Ne ho approfittato per passare più tempo con la piccola Veronica. Le ho letto le fiabe e sono riuscita anche a darle delle piccole lezioni private grazie anche alla complicità di mia madre che mi portava piccoli libri che sperava potessero interessarle. In questo modo mi sono accorta del grande istinto materno che la contraddistingue, e nonostante ne sono compiaciuta per Veronica, ne sono rimasta confusa; come può una donna dolce e materna come lei aver abbandonato una bambina di dieci anni? Non riesco a spiegarmelo, e mi fa star male non potermi dare una risposta. In realtà è una domanda che mi sono sempre chiesta in questi dieci anni, ma non potendo ricevere alcuna risposta mi sono cullata nell'illusione che mia madre fosse una donna troppo presa da se stessa per pensare a me, o addirittura che non le andassi bene come figlia. Adesso che vedo la possibilità di ricevere finalmente una risposta vera ed esauriente mi sento destabilizzata.

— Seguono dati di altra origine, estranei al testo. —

-- ===== src/Parser/Tests.antt =====
-- Requests of tests/test_request_parser.c, and some that are refused.
use concurrent_http_proxy_se.Base.{◌≡◌, refl, some, none, [], ◌∷◌, ◌++◌}
use concurrent_http_proxy_se.Bytes.{Bytes, codes, bytes_eq}
use concurrent_http_proxy_se.Parser.{
  Request, copy_substring, split_at, find_line_end, skip_line_break, parse_request_line, skip_space,
  read_digits, read_number, read_sign, strtol, parse_port_value, starts_with, split_path,
  split_port, parse_absolute_url, contains, contains_header_terminator, parse,
}
use concurrent_http_proxy_se.Parser.Shape.{IsRequest, parse-IsRequest}
use concurrent_http_proxy_se.Parser.Url.{IsUrl}
use concurrent_http_proxy_se.Parser.Text.{IsBreak, parse_keeps_text}

abbrev line_break : Bytes
line_break = 13 ∷ 10 ∷ []

abbrev headers : Bytes
headers = codes "Host: a.org" ++ line_break ++ line_break

abbrev text : Bytes
text = codes "GET http://a.org:8080/x HTTP/1.1" ++ line_break ++ headers

abbrev request : Request
request = record {
  method = codes "GET";
  host = codes "a.org";
  port = 8080;
  path = codes "/x";
  version = codes "HTTP/1.1";
  raw_headers = headers;
}

accepted : parse (some text) ≡ some request
unfolding copy_substring split_at find_line_end skip_line_break parse_request_line skip_space
    read_digits read_number read_sign strtol parse_port_value starts_with split_path split_port
    parse_absolute_url contains contains_header_terminator parse bytes_eq
accepted = refl

-- A request without header fields is refused, although a blank line ends it.
no_header_fields :
    parse (some (codes "GET http://a.org/ HTTP/1.0" ++ line_break ++ line_break)) ≡ none
unfolding copy_substring split_at find_line_end skip_line_break parse_request_line skip_space
    read_digits read_number read_sign strtol parse_port_value starts_with split_path split_port
    parse_absolute_url contains contains_header_terminator parse bytes_eq
no_header_fields = refl

parse-IsRequest_example : IsRequest request
parse-IsRequest_example = parse-IsRequest text request accepted

parse_keeps_text_example :
    (url brk : Bytes) × (text
      ≡ (request.method ++ (32 ∷ (url ++ (32 ∷ request.version)))) ++ (brk ++ request.raw_headers))
    × IsBreak brk
    × IsUrl url request.host request.port request.path
parse_keeps_text_example = parse_keeps_text text request accepted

Durante questa prima giornata dopo la trasfusione ho potuto essere testimone della ripresa fisica di Veronica. Il dottore aveva accennato al fatto che un paziente della sua età ha una ripresa straordinariamente veloce in confronto ad un'adulta, ma assistervi è un vero e proprio miracolo. Le occhiaie scure sotto gli occhi le sono quasi del tutto sparite, come per magia, e la luce in quelle iridi azzurre si è riaccesa forte e vivace. Ha ricominciato a mangiare con più appetito la sera stessa, si vede a colpo d'occhio che sta enormemente meglio. Sto scoppiando dalla gioia per lei.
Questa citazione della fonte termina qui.